- Opening Delimiter -
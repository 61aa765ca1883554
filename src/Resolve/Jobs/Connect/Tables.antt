-- ===== src/Resolve/Jobs/Connect/Tables.antt =====
-- Tables in which every key stands once, and what `Validate` finds in one.
use cnspec.Common.{
  true, ◌||◌, Bool-cases, String, str_eq, eq_iff, List, [], ◌∷◌, All, some, ◌≡◌, refl, inl, inr,
  arith,
}
use cnspec.Common.Dict.{lookup, update}
use cnspec.Common.Keys.{contains, IsDistinct}
use cnspec.Common.Sums.{All-imp}
use cnspec.Resolve.Edges.{is_some}
use cnspec.Resolve.Jobs.{ReportingJob}
use cnspec.Resolve.Jobs.Connect.{Jobs, all_keys, all_refs, validate_all, validate}

module _ {A : Type 0} where
  unfoldable pub keys : List (String × A) → List String
  keys [] = []
  keys ((k, a) ∷ m) = k ∷ keys m

  abbrev pub IsTable : List (String × A) → Type 0
  IsTable m = IsDistinct (keys m)

  contains-keys : (k : String) (m : List (String × A)) → contains k (keys m) ≡ is_some (lookup k m)
  unfolding contains keys is_some lookup
  contains-keys k [] = refl
  contains-keys k ((j, a) ∷ m) = ground (arith, contains-keys k m)

  contains-keys-update :
      (j k : String) (a : A) (m : List (String × A))
      → contains j (keys (update k a m)) ≡ (contains j (keys m) || str_eq k j)
  unfolding contains keys update
  contains-keys-update j k a [] = ground arith
  contains-keys-update j k a ((i, b) ∷ m) = ground (arith, contains-keys-update j k a m, eq_iff i k)

  pub update-IsTable :
      (k : String) (a : A) (m : List (String × A)) → IsTable m → IsTable (update k a m)
  unfolding contains keys update
  update-IsTable k a [] d = (refl, tt)
  update-IsTable k a ((j, b) ∷ m) (fresh, d) = elim (Bool-cases (str_eq j k)) [
    | inl is ↦ rw is (ground (arith, eq_iff j k), d)
    | inr other ↦ rw other (
      ground (arith, contains-keys-update j k a m, eq_iff j k, eq_iff k j),
      update-IsTable k a m d,
    )
  ]

  -- Each entry is the one that is looked up.
  pub entries : (m : List (String × A)) → IsTable m → All (λ e. lookup e.0 m ≡ some e.1) m
  unfolding contains keys lookup is_some
  entries [] d = tt
  entries ((k, a) ∷ m) (fresh, d) = (
    ground (arith, eq_iff k k),
    All-imp m (λ (j, b) found. ground (arith, found, fresh, contains-keys k m, eq_iff k j))
        (entries m d),
  )

  known_keys :
      (ks : List (String × A)) (js : Jobs)
      → ((k : String) → is_some (lookup k ks) ≡ true → is_some (lookup k js) ≡ true)
      → all_keys ks js ≡ true
  unfolding all_keys lookup is_some
  known_keys [] js h = refl
  known_keys ((k, a) ∷ ks) js h =
      ground (arith, h k, eq_iff k k, known_keys ks js (λ j i. h j (ground (arith, i))))

known_refs :
    (ks : List String) (js : Jobs)
    → ((k : String) → contains k ks ≡ true → is_some (lookup k js) ≡ true)
    → all_refs ks js ≡ true
unfolding all_refs contains is_some
known_refs [] js h = refl
known_refs (k ∷ ks) js h =
    ground (arith, h k, eq_iff k k, known_refs ks js (λ j i. h j (ground (arith, i))))

-- Every job refers to jobs only.
abbrev pub IsClosed : Jobs → ReportingJob → Type 0
IsClosed js j =
    ((k : String) → is_some (lookup k j.child_jobs) ≡ true → is_some (lookup k js) ≡ true)
    × ((k : String) → contains k j.notify ≡ true → is_some (lookup k js) ≡ true)

validate_all_lem : (rest js : Jobs) → All (λ e. IsClosed js e.1) rest → validate_all rest js ≡ true
unfolding validate_all
validate_all_lem [] js h = refl
validate_all_lem ((k, j) ∷ rest) js ((h, i), more) =
    ground
      (arith, known_keys j.child_jobs js h, known_refs j.notify js i, validate_all_lem rest js more)

pub validate_closed :
    (js : Jobs)
    → IsTable js
    → ((k : String) (j : ReportingJob) → lookup k js ≡ some j → IsClosed js j)
    → validate js ≡ true
unfolding validate
validate_closed js d h =
    validate_all_lem js js (All-imp js (λ (k, j) found. h k j found) (entries js d))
- Closing Delimiter -
**What the exercise asks**
Each entry above is to be printed again exactly.

**Answer for the task**
repository 61aa765ca1883554
filename src/Resolve/Jobs/Connect/Tables.antt
-- ===== src/Resolve/Jobs/Connect/Tables.antt =====
-- Tables in which every key stands once, and what `Validate` finds in one.
use cnspec.Common.{
  true, ◌||◌, Bool-cases, String, str_eq, eq_iff, List, [], ◌∷◌, All, some, ◌≡◌, refl, inl, inr,
  arith,
}
use cnspec.Common.Dict.{lookup, update}
use cnspec.Common.Keys.{contains, IsDistinct}
use cnspec.Common.Sums.{All-imp}
use cnspec.Resolve.Edges.{is_some}
use cnspec.Resolve.Jobs.{ReportingJob}
use cnspec.Resolve.Jobs.Connect.{Jobs, all_keys, all_refs, validate_all, validate}

module _ {A : Type 0} where
  unfoldable pub keys : List (String × A) → List String
  keys [] = []
  keys ((k, a) ∷ m) = k ∷ keys m

  abbrev pub IsTable : List (String × A) → Type 0
  IsTable m = IsDistinct (keys m)

  contains-keys : (k : String) (m : List (String × A)) → contains k (keys m) ≡ is_some (lookup k m)
  unfolding contains keys is_some lookup
  contains-keys k [] = refl
  contains-keys k ((j, a) ∷ m) = ground (arith, contains-keys k m)

  contains-keys-update :
      (j k : String) (a : A) (m : List (String × A))
      → contains j (keys (update k a m)) ≡ (contains j (keys m) || str_eq k j)
  unfolding contains keys update
  contains-keys-update j k a [] = ground arith
  contains-keys-update j k a ((i, b) ∷ m) = ground (arith, contains-keys-update j k a m, eq_iff i k)

  pub update-IsTable :
      (k : String) (a : A) (m : List (String × A)) → IsTable m → IsTable (update k a m)
  unfolding contains keys update
  update-IsTable k a [] d = (refl, tt)
  update-IsTable k a ((j, b) ∷ m) (fresh, d) = elim (Bool-cases (str_eq j k)) [
    | inl is ↦ rw is (ground (arith, eq_iff j k), d)
    | inr other ↦ rw other (
      ground (arith, contains-keys-update j k a m, eq_iff j k, eq_iff k j),
      update-IsTable k a m d,
    )
  ]

  -- Each entry is the one that is looked up.
  pub entries : (m : List (String × A)) → IsTable m → All (λ e. lookup e.0 m ≡ some e.1) m
  unfolding contains keys lookup is_some
  entries [] d = tt
  entries ((k, a) ∷ m) (fresh, d) = (
    ground (arith, eq_iff k k),
    All-imp m (λ (j, b) found. ground (arith, found, fresh, contains-keys k m, eq_iff k j))
        (entries m d),
  )

  known_keys :
      (ks : List (String × A)) (js : Jobs)
      → ((k : String) → is_some (lookup k ks) ≡ true → is_some (lookup k js) ≡ true)
      → all_keys ks js ≡ true
  unfolding all_keys lookup is_some
  known_keys [] js h = refl
  known_keys ((k, a) ∷ ks) js h =
      ground (arith, h k, eq_iff k k, known_keys ks js (λ j i. h j (ground (arith, i))))

known_refs :
    (ks : List String) (js : Jobs)
    → ((k : String) → contains k ks ≡ true → is_some (lookup k js) ≡ true)
    → all_refs ks js ≡ true
unfolding all_refs contains is_some
known_refs [] js h = refl
known_refs (k ∷ ks) js h =
    ground (arith, h k, eq_iff k k, known_refs ks js (λ j i. h j (ground (arith, i))))

-- Every job refers to jobs only.
abbrev pub IsClosed : Jobs → ReportingJob → Type 0
IsClosed js j =
    ((k : String) → is_some (lookup k j.child_jobs) ≡ true → is_some (lookup k js) ≡ true)
    × ((k : String) → contains k j.notify ≡ true → is_some (lookup k js) ≡ true)

validate_all_lem : (rest js : Jobs) → All (λ e. IsClosed js e.1) rest → validate_all rest js ≡ true
unfolding validate_all
validate_all_lem [] js h = refl
validate_all_lem ((k, j) ∷ rest) js ((h, i), more) =
    ground
      (arith, known_keys j.child_jobs js h, known_refs j.notify js i, validate_all_lem rest js more)

pub validate_closed :
    (js : Jobs)
    → IsTable js
    → ((k : String) (j : ReportingJob) → lookup k js ≡ some j → IsClosed js j)
    → validate js ≡ true
unfolding validate
validate_closed js d h =
    validate_all_lem js js (All-imp js (λ (k, j) found. h k j found) (entries js d))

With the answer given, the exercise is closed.